For the approximate MEB problem, there are many results, as discussed in Section 1.2. One such is the Zarrabi-Zadeh result, which is among many that utilize an $\varepsilon$ -kernel [53]. While these algorithms are single pass, they require space complexity of $\left({1/\varepsilon}\right)^{O(d)}$ . Thus, we present a large increase in space efficiency over them. We also present a lower bound on the space complexity for any one-pass algorithm for the MEB problem of $\left({1/\varepsilon}\right)^{\Omega(d)}$ in Section 4, further motivating our multi-pass approach. While the result by Bâdoiu and Clarkson has space complexity polynomial in $d$ , it is also polynomial in $1/\varepsilon$ in passes and space [9]. Thus, in the high accuracy regime, we present an exponential improvement over their result.

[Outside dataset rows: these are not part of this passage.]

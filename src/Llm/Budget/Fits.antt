-- ===== src/Llm/Budget/Fits.antt =====
-- The payload of backend/integrations/llm/budget.py fits the model's window.
use soc_one.Base.{
  ℕ, zero, suc, ◌+◌, ◌-◌, ◌/◌, ◌≤◌, ◌<◌, ◌≡◌, refl, Bool, true, false, some, List, [], ◌∷◌, String,
  leb, length, take, inl, inr, Bool-cases, Option-cases, arith,
}
use soc_one.Base.Sort.{sort_by, insert_by}
use soc_one.Llm.Budget.{
  Value, text, list, other, PayloadTier, BudgetResult, put, estimate_tokens, shorten, shorten_value,
  place, place_all, ordered, nothing, apply_budget,
}

module _ {A : Type 0} (dump_length : Value A → ℕ) (chars_per_token : ℕ) where
  abbrev pub cost : Value A → ℕ
  cost v = estimate_tokens dump_length chars_per_token v

  -- The estimate of all that a payload holds.
  abbrev pub payload_cost : List (String × Value A) → ℕ
  payload_cost [] = 0
  payload_cost (e ∷ payload) = cost e.1 + payload_cost payload

  put-cost :
      (name : String) (v : Value A) (payload : List (String × Value A))
      → payload_cost (put name v payload) ≤ payload_cost payload + cost v
  unfolding put
  put-cost name v [] = omega arith
  put-cost name v (e ∷ payload) = ground (arith, put-cost name v payload)

  pub shorten-fits :
      (fuel keep : ℕ) (items : List A) (used available k : ℕ)
      → shorten dump_length chars_per_token fuel keep items used available ≡ some k
      → (used + cost (list (take k items)) ≤ available) × (0 < k) × (k ≤ keep)
  unfolding shorten
  shorten-fits zero keep items used available k h = cc
  shorten-fits (suc fuel) keep items used available k h =
      ground (arith, shorten-fits fuel (keep / 2) items used available k)

  pub shorten_value-fits :
      (truncatable : Bool) (v : Value A) (used available : ℕ) (s : ℕ × List A)
      → shorten_value dump_length chars_per_token truncatable v used available ≡ some s
      → (v ≡ list s.1)
        × (used + cost (list (take s.0 s.1)) ≤ available)
        × (0 < s.0)
        × (s.0 ≤ length s.1 / 2)
  unfolding shorten_value
  shorten_value-fits truncatable (text t) used available s h = cc
  shorten_value-fits truncatable (other a) used available s h = cc
  shorten_value-fits false (list items) used available s h = cc
  shorten_value-fits true (list items) used available (k, xs) h =
      ground (arith, shorten-fits (length items / 2) (length items / 2) items used available k)

  abbrev Fits : ℕ → BudgetResult A → Type 0
  Fits available state =
      (payload_cost state.payload ≤ state.estimated_tokens) × (state.estimated_tokens ≤ available)

  place-Fits :
      (available : ℕ) (tier : PayloadTier A) (state : BudgetResult A)
      → Fits available state
      → Fits available (place dump_length chars_per_token available tier state)
  unfolding place
  place-Fits available tier state f =
      elim (Bool-cases (leb (state.estimated_tokens + cost tier.value) available)) [
        | inl e ↦ rw e (ground (arith, put-cost tier.name tier.value state.payload))
        | inr e ↦
            rw e
              (elim (Option-cases (
                shorten_value dump_length chars_per_token tier.truncatable tier.value
                  state.estimated_tokens available)) [
                    | inl n ↦ rw n f
                    | inr (s, n) ↦
                        let fits =
                          shorten_value-fits tier.truncatable tier.value state.estimated_tokens
                            available s n in
                        rw n (
                          omega
                              (arith, put-cost tier.name (list (take s.0 s.1)) state.payload, f.0),
                          fits.1,
                        )
                  ])
      ]

  place_all-Fits :
      (available : ℕ) (tiers : List (PayloadTier A)) (state : BudgetResult A)
      → Fits available state
      → Fits available (place_all dump_length chars_per_token available tiers state)
  unfolding place_all
  place_all-Fits available [] state f = f
  place_all-Fits available (t ∷ tiers) state f =
      place_all-Fits available tiers (place dump_length chars_per_token available t state)
        (place-Fits available t state f)

  -- What the budget hands on fits: the estimate of the payload, the output tokens and the 1500 tokens of
  -- the prompt stay within the context window.
  pub apply_budget-fits :
      (tiers : List (PayloadTier A)) (context_window_tokens max_output_tokens : ℕ)
      (r : BudgetResult A)
      → apply_budget dump_length chars_per_token tiers context_window_tokens max_output_tokens
        ≡ some r
      → (payload_cost r.payload ≤ r.estimated_tokens)
        × (r.estimated_tokens + max_output_tokens + 1500 ≤ context_window_tokens)
  unfolding apply_budget
  apply_budget-fits tiers window output r h = ground (
    arith,
    place_all-Fits (window - output - 1500) (ordered dump_length chars_per_token tiers)
        (nothing dump_length chars_per_token) (omega arith, omega arith),
  )

  abbrev pub total_cost : List (PayloadTier A) → ℕ
  total_cost [] = 0
  total_cost (t ∷ tiers) = cost t.value + total_cost tiers

  total_cost-insert :
      (before : PayloadTier A → PayloadTier A → Bool) (t : PayloadTier A)
      (tiers : List (PayloadTier A))
      → total_cost (insert_by before t tiers) ≡ cost t.value + total_cost tiers
  unfolding insert_by
  total_cost-insert before t [] = refl
  total_cost-insert before t (u ∷ tiers) = ground (arith, total_cost-insert before t tiers)

  total_cost-sort :
      (before : PayloadTier A → PayloadTier A → Bool) (tiers : List (PayloadTier A))
      → total_cost (sort_by before tiers) ≡ total_cost tiers
  unfolding sort_by
  total_cost-sort before [] = refl
  total_cost-sort before (t ∷ tiers) =
      omega (arith, total_cost-insert before t (sort_by before tiers), total_cost-sort before tiers)

  place_whole :
      (available : ℕ) (t : PayloadTier A) (state : BudgetResult A)
      → state.estimated_tokens + cost t.value ≤ available
      → place dump_length chars_per_token available t state ≡ record state {
        payload = put t.name t.value state.payload;
        estimated_tokens = state.estimated_tokens + cost t.value;
      }
  unfolding place
  place_whole available t state h = ground arith

  place_all-untrimmed :
      (available : ℕ) (tiers : List (PayloadTier A)) (state : BudgetResult A)
      → state.estimated_tokens + total_cost tiers ≤ available
      → let after = place_all dump_length chars_per_token available tiers state in
        (after.trimmed_tiers ≡ state.trimmed_tiers)
        × (after.estimated_tokens ≡ state.estimated_tokens + total_cost tiers)
  unfolding place_all
  place_all-untrimmed available [] state h = (refl, omega arith)
  place_all-untrimmed available (t ∷ tiers) state h =
      let step = place_whole available t state (omega (arith, h)) in
      let next : BudgetResult A = record state {
        payload = put t.name t.value state.payload;
        estimated_tokens = state.estimated_tokens + cost t.value;
      } in
      let (same, sum) = place_all-untrimmed available tiers next (omega (arith, h)) in
      rw (place_all, step) (same, omega (arith, sum))

  -- Where all tiers together fit, nothing is trimmed and the estimate is the sum of theirs.
  pub apply_budget-untrimmed :
      (tiers : List (PayloadTier A)) (context_window_tokens max_output_tokens : ℕ)
      → max_output_tokens + 1500 < context_window_tokens
      → total_cost tiers + max_output_tokens + 1500 ≤ context_window_tokens
      → (r : BudgetResult A) × (apply_budget dump_length chars_per_token tiers context_window_tokens
            max_output_tokens
          ≡ some r)
        × (r.trimmed_tiers ≡ [])
        × (r.estimated_tokens ≡ total_cost tiers)
  unfolding apply_budget
  apply_budget-untrimmed tiers window output h fits =
      let available = window - output - 1500 in
      let sorted = ordered dump_length chars_per_token tiers in
      let before : PayloadTier A → PayloadTier A → Bool = λ a b. leb a.order b.order in
      let sum = total_cost-sort before tiers in
      let (same, used) =
        place_all-untrimmed available sorted (nothing dump_length chars_per_token)
          (omega (arith, sum, fits, h)) in
      let open_window : leb window (output + 1500) ≡ false = ground arith in
      (
        place_all dump_length chars_per_token available sorted
            (nothing dump_length chars_per_token),
        rw open_window refl,
        same,
        omega (arith, used, sum),
      )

Another approach to the $(1+\varepsilon)$ -MEB problem is by using the ellipsoid algorithm with a similar metric $\varepsilon$ -net construction. While this algorithm also can achieve $\operatorname{poly}\left(d,\log\left({1/\varepsilon}\right)\right)$ pass and space complexity, we present two main improvements over using this approach. Most importantly, as our algorithm is in the multiple linear sketch model, we are able to apply our result to streams with addition and removal of points, and to models where the input is distributed. As the ellipsoid algorithm is not in the multiple linear sketch model, it cannot, for example, find the MEB of the symmetric difference of pointsets from two machines. Further, the bulk of our algorithm utilizes $\ell_{0}$ samplers and estimators and simple arithmetic, which can allow our algorithm to be practical to implement.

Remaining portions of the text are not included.